#### Exercise instructions
Look for the string "defining" in the data below, and copy each line that holds it.
*** Opening of Available records ***
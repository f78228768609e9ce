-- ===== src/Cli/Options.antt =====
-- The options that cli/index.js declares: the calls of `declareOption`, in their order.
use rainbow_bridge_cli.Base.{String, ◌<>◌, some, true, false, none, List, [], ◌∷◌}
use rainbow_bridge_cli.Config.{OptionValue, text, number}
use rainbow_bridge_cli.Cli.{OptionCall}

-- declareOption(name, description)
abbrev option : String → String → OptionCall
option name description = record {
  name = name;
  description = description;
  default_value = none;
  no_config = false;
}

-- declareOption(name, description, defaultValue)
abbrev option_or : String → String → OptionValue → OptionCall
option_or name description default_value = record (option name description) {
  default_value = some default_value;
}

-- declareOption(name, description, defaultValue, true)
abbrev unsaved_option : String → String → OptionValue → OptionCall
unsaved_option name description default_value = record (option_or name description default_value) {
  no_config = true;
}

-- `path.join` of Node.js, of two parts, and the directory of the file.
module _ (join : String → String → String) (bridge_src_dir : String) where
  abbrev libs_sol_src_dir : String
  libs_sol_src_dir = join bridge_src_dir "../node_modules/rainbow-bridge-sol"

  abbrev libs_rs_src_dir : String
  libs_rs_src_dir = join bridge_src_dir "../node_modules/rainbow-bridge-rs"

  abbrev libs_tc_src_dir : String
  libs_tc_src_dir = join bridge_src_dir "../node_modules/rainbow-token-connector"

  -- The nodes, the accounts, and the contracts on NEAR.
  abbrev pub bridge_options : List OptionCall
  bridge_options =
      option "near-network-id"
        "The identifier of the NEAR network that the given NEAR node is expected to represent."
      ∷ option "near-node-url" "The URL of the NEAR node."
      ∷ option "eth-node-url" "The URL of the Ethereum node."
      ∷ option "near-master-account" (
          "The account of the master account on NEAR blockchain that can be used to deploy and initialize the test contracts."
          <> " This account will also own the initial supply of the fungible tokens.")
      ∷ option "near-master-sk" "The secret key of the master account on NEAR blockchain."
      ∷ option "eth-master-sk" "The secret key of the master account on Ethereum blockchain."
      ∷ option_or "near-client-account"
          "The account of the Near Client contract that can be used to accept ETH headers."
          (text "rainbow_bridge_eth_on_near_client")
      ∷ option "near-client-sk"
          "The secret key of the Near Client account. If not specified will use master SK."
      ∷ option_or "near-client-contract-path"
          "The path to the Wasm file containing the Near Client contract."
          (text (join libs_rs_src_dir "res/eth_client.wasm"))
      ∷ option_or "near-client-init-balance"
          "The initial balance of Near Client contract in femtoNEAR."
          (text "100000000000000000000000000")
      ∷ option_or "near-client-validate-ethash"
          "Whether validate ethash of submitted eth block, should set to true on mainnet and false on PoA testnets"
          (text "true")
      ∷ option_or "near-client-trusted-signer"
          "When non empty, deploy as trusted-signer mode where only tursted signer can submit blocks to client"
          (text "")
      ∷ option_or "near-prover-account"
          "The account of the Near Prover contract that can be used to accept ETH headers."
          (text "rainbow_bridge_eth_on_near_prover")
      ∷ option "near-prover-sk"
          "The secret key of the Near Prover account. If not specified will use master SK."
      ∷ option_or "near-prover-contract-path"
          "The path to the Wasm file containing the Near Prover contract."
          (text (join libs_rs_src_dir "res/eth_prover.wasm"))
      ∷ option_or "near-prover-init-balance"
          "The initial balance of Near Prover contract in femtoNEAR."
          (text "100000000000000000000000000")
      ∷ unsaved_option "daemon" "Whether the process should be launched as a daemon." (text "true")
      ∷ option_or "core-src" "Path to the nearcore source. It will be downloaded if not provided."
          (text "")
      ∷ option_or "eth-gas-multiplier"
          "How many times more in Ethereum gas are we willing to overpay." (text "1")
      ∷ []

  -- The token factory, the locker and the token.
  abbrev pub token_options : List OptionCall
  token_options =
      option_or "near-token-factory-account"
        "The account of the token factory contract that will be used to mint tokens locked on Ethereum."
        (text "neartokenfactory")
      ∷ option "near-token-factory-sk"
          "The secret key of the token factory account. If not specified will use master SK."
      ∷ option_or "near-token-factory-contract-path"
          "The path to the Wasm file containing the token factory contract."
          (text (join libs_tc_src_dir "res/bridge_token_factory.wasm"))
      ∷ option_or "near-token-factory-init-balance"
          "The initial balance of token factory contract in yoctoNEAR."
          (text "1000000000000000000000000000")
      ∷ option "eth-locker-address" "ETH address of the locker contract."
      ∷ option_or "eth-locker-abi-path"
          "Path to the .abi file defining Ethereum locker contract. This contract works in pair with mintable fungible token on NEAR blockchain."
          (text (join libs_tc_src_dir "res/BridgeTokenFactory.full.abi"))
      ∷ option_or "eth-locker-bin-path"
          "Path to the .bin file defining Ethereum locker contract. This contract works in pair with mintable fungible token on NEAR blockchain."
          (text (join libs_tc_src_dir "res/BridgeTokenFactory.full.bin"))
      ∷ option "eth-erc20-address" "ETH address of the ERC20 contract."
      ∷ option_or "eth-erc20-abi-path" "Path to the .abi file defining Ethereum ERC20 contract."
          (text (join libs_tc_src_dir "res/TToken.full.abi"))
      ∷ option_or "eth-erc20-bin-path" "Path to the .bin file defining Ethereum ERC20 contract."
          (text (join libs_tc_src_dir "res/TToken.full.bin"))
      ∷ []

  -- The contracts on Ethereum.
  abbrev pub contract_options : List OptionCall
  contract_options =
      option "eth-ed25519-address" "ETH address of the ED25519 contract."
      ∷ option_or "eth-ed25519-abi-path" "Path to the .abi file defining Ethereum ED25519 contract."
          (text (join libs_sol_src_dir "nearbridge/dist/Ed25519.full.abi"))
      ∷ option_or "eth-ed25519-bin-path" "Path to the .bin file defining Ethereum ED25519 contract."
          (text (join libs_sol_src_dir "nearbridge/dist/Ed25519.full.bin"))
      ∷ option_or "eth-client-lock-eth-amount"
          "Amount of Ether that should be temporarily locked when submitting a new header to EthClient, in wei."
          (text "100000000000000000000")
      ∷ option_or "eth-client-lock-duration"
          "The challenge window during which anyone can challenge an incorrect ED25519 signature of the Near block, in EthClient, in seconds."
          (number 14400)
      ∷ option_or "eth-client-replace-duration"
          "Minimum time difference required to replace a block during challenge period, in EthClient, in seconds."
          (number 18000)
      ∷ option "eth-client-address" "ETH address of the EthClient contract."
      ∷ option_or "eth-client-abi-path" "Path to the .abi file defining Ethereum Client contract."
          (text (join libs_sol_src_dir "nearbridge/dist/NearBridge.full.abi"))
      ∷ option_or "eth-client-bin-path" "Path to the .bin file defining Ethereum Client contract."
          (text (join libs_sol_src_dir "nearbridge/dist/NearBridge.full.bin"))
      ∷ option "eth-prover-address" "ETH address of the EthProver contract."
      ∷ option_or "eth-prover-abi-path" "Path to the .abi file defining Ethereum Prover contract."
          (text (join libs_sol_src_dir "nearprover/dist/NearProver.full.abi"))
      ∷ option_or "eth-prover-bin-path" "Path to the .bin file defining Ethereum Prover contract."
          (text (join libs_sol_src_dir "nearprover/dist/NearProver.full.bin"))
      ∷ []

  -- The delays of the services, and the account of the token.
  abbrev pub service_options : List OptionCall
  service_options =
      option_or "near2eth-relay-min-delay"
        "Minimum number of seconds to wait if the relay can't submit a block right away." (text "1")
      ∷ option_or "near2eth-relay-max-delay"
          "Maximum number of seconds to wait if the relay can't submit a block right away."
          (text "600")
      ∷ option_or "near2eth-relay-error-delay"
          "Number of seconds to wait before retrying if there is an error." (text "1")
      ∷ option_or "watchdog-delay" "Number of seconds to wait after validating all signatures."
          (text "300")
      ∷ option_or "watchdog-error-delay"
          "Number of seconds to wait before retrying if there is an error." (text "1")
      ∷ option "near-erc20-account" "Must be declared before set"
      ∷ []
*** Close of Available records ***
*** Opening of Available records ***
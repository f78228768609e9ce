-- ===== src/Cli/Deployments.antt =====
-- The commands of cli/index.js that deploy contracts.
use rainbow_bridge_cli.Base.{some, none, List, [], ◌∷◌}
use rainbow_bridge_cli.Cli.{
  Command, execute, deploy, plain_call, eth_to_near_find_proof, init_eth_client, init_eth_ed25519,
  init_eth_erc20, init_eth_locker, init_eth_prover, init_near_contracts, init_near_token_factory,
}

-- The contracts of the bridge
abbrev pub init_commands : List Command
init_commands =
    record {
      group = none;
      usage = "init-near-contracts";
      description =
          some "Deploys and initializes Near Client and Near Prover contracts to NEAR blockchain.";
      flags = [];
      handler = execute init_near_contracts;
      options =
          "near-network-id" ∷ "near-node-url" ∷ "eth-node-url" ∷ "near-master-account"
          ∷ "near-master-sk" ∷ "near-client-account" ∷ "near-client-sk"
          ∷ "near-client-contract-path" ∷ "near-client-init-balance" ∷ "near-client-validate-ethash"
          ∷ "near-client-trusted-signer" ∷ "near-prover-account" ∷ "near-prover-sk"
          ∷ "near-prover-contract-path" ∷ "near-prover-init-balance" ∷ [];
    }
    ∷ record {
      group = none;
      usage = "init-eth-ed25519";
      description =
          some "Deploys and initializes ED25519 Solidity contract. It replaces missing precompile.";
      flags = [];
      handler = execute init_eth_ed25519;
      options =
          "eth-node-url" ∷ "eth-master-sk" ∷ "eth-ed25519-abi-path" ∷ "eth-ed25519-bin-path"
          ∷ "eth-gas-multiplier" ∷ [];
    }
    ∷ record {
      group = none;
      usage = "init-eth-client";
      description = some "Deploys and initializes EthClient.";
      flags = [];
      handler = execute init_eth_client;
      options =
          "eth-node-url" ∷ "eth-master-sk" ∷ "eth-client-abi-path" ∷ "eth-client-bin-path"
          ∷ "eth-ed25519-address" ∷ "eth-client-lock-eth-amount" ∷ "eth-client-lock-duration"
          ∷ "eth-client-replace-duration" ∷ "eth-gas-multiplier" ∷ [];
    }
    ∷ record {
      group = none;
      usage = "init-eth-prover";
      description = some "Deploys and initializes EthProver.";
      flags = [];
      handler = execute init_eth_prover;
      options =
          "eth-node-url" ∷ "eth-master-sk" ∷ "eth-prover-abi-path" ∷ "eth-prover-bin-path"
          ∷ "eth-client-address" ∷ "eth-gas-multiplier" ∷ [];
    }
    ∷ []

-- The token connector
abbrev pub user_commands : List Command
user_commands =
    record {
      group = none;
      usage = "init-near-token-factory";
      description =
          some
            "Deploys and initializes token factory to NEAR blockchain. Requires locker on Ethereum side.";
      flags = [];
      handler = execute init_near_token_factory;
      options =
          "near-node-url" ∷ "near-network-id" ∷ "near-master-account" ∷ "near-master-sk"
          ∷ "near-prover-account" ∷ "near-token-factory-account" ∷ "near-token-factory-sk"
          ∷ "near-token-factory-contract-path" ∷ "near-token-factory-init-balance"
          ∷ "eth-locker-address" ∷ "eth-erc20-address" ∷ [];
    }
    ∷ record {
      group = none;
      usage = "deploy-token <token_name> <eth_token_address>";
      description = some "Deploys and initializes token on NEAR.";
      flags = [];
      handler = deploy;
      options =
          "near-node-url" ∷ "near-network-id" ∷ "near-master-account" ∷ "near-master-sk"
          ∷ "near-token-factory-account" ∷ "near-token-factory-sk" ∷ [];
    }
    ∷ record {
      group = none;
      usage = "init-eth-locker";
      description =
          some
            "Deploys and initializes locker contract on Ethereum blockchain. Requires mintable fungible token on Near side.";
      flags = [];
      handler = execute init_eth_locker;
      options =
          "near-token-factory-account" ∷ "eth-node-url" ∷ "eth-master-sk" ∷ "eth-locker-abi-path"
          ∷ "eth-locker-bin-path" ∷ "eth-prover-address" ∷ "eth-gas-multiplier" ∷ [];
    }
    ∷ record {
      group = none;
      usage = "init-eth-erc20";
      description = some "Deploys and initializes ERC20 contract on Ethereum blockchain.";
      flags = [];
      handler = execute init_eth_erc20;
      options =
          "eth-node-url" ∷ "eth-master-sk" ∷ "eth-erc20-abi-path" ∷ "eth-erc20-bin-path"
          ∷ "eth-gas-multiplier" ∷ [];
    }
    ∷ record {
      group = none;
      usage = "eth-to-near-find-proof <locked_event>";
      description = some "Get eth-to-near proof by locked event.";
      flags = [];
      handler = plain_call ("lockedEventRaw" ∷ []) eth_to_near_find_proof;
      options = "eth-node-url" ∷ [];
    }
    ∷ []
*** Close of Available records ***
*** Opening of Available records ***
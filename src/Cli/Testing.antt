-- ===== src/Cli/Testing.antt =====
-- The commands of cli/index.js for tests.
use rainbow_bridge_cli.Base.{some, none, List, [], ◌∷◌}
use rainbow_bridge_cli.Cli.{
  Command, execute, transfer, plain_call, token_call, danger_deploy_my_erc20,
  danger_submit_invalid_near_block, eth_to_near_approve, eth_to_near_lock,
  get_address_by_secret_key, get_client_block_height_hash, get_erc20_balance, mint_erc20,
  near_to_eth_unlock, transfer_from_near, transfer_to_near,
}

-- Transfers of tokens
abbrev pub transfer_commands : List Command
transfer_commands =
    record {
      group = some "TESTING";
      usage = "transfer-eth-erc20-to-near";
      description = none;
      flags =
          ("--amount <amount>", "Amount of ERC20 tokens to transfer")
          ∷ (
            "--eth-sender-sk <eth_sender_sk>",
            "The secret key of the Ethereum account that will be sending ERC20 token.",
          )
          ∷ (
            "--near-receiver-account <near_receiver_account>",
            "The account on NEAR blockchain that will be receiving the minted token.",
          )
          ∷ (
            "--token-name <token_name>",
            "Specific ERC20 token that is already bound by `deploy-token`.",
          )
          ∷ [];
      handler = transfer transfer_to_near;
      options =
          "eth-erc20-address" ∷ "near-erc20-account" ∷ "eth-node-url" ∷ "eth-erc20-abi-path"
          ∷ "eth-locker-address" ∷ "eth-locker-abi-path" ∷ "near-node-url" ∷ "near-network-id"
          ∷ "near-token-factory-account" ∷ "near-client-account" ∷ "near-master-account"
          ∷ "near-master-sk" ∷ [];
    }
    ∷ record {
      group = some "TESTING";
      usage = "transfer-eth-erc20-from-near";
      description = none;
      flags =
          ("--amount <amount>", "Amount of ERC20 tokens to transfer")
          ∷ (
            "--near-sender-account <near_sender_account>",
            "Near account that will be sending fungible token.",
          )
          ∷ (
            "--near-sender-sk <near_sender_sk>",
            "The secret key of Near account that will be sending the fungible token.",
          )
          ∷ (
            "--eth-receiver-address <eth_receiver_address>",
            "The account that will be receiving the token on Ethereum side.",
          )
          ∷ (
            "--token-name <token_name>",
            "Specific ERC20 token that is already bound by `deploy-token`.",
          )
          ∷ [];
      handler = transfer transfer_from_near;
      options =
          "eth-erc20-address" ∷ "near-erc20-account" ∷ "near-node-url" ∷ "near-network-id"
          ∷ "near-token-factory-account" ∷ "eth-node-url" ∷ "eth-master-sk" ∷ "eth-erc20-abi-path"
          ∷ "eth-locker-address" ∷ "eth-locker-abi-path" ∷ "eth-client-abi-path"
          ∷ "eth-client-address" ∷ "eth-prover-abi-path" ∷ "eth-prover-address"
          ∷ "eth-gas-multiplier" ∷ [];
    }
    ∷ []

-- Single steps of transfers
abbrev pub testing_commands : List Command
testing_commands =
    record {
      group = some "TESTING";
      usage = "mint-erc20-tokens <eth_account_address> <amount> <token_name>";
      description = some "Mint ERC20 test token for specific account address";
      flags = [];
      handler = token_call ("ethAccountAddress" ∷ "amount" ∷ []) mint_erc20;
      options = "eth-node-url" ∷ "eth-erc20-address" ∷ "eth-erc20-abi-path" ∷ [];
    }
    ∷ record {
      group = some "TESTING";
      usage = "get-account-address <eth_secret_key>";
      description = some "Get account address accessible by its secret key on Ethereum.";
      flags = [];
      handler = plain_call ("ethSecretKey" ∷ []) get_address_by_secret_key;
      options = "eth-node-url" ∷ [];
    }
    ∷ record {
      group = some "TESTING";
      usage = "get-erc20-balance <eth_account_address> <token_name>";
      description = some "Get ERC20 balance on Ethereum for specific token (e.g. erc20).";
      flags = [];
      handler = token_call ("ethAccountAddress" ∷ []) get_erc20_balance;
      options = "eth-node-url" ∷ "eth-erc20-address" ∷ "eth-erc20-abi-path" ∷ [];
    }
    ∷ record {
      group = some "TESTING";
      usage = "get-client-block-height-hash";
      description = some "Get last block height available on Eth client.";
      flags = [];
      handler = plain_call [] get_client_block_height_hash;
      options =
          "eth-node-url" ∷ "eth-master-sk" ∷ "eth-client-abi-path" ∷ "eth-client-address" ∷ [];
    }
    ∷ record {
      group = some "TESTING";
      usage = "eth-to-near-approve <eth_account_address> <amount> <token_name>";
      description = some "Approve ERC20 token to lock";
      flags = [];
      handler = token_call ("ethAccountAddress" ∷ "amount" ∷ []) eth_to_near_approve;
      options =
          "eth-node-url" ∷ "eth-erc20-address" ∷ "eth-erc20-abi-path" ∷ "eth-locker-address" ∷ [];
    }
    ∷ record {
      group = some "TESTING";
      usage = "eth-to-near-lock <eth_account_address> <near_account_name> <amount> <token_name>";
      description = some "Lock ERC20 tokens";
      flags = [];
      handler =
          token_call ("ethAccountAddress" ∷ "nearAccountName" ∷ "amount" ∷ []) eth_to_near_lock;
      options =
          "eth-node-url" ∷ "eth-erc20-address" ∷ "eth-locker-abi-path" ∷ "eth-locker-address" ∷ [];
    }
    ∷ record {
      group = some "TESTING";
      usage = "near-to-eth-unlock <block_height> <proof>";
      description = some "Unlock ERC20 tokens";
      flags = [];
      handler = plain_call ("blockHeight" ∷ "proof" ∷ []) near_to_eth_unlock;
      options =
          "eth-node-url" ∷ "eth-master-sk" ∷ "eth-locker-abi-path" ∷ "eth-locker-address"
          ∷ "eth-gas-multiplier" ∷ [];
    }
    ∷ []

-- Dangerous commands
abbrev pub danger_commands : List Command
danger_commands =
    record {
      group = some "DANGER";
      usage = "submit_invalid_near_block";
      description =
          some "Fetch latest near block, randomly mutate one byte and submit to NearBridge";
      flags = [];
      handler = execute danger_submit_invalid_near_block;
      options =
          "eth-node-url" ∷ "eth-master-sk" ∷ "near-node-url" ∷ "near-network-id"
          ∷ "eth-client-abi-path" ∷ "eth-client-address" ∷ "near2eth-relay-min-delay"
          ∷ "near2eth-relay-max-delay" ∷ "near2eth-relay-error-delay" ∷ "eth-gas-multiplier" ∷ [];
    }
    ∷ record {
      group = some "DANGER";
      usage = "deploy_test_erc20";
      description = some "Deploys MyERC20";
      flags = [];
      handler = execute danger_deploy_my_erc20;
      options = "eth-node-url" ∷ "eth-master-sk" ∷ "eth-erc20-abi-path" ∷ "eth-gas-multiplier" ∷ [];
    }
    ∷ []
*** Close of Available records ***
#### Written response
          "Path to the .abi file defining Ethereum locker contract. This contract works in pair with mintable fungible token on NEAR blockchain."
          "Path to the .bin file defining Ethereum locker contract. This contract works in pair with mintable fungible token on NEAR blockchain."
      ∷ option_or "eth-erc20-abi-path" "Path to the .abi file defining Ethereum ERC20 contract."
      ∷ option_or "eth-erc20-bin-path" "Path to the .bin file defining Ethereum ERC20 contract."
      ∷ option_or "eth-ed25519-abi-path" "Path to the .abi file defining Ethereum ED25519 contract."
      ∷ option_or "eth-ed25519-bin-path" "Path to the .bin file defining Ethereum ED25519 contract."
      ∷ option_or "eth-client-abi-path" "Path to the .abi file defining Ethereum Client contract."
      ∷ option_or "eth-client-bin-path" "Path to the .bin file defining Ethereum Client contract."
      ∷ option_or "eth-prover-abi-path" "Path to the .abi file defining Ethereum Prover contract."
      ∷ option_or "eth-prover-bin-path" "Path to the .bin file defining Ethereum Prover contract."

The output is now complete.